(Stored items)
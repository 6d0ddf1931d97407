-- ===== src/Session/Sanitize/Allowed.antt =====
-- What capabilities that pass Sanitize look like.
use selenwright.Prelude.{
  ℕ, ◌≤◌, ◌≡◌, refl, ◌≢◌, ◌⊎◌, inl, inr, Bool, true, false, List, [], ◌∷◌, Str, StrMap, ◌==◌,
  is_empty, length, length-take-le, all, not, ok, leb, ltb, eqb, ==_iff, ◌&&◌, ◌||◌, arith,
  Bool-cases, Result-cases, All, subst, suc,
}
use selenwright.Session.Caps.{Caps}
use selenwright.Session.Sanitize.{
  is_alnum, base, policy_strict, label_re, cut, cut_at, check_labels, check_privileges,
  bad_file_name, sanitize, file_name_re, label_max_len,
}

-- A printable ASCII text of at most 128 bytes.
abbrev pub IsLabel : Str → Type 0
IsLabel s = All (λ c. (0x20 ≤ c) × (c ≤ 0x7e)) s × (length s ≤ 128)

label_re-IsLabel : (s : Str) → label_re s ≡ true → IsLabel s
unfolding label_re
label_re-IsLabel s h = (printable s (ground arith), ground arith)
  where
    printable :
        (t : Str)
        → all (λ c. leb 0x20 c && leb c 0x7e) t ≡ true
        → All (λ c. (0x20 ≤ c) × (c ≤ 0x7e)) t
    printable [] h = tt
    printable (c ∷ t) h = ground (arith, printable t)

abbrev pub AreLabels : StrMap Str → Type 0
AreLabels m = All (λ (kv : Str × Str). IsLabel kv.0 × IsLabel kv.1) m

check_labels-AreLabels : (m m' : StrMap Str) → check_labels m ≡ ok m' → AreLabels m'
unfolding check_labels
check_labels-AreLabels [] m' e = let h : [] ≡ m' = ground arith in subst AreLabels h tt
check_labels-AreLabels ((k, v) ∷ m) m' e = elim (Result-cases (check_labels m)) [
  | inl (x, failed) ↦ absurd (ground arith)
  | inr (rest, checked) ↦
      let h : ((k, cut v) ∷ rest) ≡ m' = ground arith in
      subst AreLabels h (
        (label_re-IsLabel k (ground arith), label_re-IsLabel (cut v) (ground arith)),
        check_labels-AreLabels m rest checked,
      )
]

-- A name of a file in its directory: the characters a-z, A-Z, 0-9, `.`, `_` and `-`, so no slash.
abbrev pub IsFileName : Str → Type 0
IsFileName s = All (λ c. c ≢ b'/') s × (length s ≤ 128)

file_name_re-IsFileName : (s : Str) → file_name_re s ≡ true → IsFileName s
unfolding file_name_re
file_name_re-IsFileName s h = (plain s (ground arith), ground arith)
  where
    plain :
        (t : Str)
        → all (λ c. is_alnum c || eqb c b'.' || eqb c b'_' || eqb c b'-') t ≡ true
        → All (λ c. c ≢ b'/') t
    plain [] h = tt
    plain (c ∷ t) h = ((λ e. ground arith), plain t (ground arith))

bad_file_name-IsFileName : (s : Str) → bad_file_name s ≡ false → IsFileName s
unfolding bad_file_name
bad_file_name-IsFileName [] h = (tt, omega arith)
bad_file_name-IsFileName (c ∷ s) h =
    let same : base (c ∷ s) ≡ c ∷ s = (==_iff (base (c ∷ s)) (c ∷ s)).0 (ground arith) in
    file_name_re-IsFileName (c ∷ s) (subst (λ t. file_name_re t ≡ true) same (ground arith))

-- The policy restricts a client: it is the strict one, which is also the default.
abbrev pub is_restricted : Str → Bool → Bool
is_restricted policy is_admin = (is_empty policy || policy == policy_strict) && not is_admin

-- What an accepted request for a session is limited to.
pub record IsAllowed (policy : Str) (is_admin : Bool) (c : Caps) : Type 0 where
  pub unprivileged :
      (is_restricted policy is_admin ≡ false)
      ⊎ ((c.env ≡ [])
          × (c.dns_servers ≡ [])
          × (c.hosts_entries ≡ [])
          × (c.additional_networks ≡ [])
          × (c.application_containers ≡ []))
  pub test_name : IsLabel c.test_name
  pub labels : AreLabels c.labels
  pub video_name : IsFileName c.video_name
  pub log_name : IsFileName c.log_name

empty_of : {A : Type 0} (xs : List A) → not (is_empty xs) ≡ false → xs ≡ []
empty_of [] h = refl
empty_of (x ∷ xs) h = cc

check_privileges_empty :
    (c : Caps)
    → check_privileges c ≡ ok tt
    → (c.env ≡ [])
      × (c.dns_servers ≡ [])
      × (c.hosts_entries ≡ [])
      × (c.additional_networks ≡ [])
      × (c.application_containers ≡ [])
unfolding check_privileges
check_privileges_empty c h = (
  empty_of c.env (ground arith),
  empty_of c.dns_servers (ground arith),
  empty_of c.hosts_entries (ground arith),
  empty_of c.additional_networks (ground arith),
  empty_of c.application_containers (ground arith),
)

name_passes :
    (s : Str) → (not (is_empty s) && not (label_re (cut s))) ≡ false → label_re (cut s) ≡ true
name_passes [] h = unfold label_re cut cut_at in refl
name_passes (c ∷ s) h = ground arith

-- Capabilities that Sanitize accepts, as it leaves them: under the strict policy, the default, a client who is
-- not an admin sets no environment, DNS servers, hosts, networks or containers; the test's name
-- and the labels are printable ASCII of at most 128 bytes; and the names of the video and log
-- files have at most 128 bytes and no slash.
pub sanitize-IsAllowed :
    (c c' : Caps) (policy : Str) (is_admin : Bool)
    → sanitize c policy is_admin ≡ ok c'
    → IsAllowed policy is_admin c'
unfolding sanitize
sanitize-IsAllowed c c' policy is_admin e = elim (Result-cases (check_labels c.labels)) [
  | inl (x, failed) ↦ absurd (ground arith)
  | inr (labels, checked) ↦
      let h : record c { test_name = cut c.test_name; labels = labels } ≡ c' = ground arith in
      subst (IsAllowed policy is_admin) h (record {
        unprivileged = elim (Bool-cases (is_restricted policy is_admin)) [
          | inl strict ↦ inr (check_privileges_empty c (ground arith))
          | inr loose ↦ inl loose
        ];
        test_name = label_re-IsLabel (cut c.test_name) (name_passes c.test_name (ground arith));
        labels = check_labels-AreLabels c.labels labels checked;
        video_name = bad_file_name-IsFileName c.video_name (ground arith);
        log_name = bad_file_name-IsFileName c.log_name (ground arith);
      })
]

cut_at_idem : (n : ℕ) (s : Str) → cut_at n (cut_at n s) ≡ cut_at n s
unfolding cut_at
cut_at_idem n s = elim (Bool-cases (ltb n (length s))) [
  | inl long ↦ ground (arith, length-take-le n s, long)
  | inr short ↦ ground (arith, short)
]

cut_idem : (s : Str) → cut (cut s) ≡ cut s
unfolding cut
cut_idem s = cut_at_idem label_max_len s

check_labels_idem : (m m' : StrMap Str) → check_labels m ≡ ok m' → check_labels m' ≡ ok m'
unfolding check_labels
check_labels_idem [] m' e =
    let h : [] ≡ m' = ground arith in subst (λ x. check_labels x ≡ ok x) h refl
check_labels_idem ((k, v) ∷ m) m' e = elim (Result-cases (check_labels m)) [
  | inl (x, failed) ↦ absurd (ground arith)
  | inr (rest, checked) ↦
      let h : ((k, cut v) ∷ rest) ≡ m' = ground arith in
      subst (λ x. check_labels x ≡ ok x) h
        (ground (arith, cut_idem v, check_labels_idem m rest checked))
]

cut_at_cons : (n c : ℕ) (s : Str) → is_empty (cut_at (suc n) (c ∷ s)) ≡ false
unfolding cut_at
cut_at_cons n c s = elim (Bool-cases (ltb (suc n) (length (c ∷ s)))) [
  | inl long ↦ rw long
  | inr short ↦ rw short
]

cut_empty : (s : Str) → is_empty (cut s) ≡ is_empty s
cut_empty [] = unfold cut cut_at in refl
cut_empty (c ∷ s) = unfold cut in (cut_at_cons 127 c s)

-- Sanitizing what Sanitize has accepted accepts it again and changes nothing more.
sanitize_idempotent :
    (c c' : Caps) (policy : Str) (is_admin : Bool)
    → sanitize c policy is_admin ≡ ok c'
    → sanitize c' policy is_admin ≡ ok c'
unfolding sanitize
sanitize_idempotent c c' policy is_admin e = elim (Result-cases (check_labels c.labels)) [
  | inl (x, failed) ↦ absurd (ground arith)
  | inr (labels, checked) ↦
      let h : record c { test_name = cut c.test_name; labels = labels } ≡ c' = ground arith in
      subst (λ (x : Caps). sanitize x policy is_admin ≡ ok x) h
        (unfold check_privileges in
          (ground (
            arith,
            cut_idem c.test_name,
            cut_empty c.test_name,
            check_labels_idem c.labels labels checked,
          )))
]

Assignment » Taking the entries above, write out exactly the lines starting with the line containing "cut_at_idem : (n" and going on through the line containing "check_labels_idem [] m'", both included, and nothing else.

Answer to this problem »
cut_at_idem : (n : ℕ) (s : Str) → cut_at n (cut_at n s) ≡ cut_at n s
unfolding cut_at
cut_at_idem n s = elim (Bool-cases (ltb n (length s))) [
  | inl long ↦ ground (arith, length-take-le n s, long)
  | inr short ↦ ground (arith, short)
]

cut_idem : (s : Str) → cut (cut s) ≡ cut s
unfolding cut
cut_idem s = cut_at_idem label_max_len s

check_labels_idem : (m m' : StrMap Str) → check_labels m ≡ ok m' → check_labels m' ≡ ok m'
unfolding check_labels
check_labels_idem [] m' e =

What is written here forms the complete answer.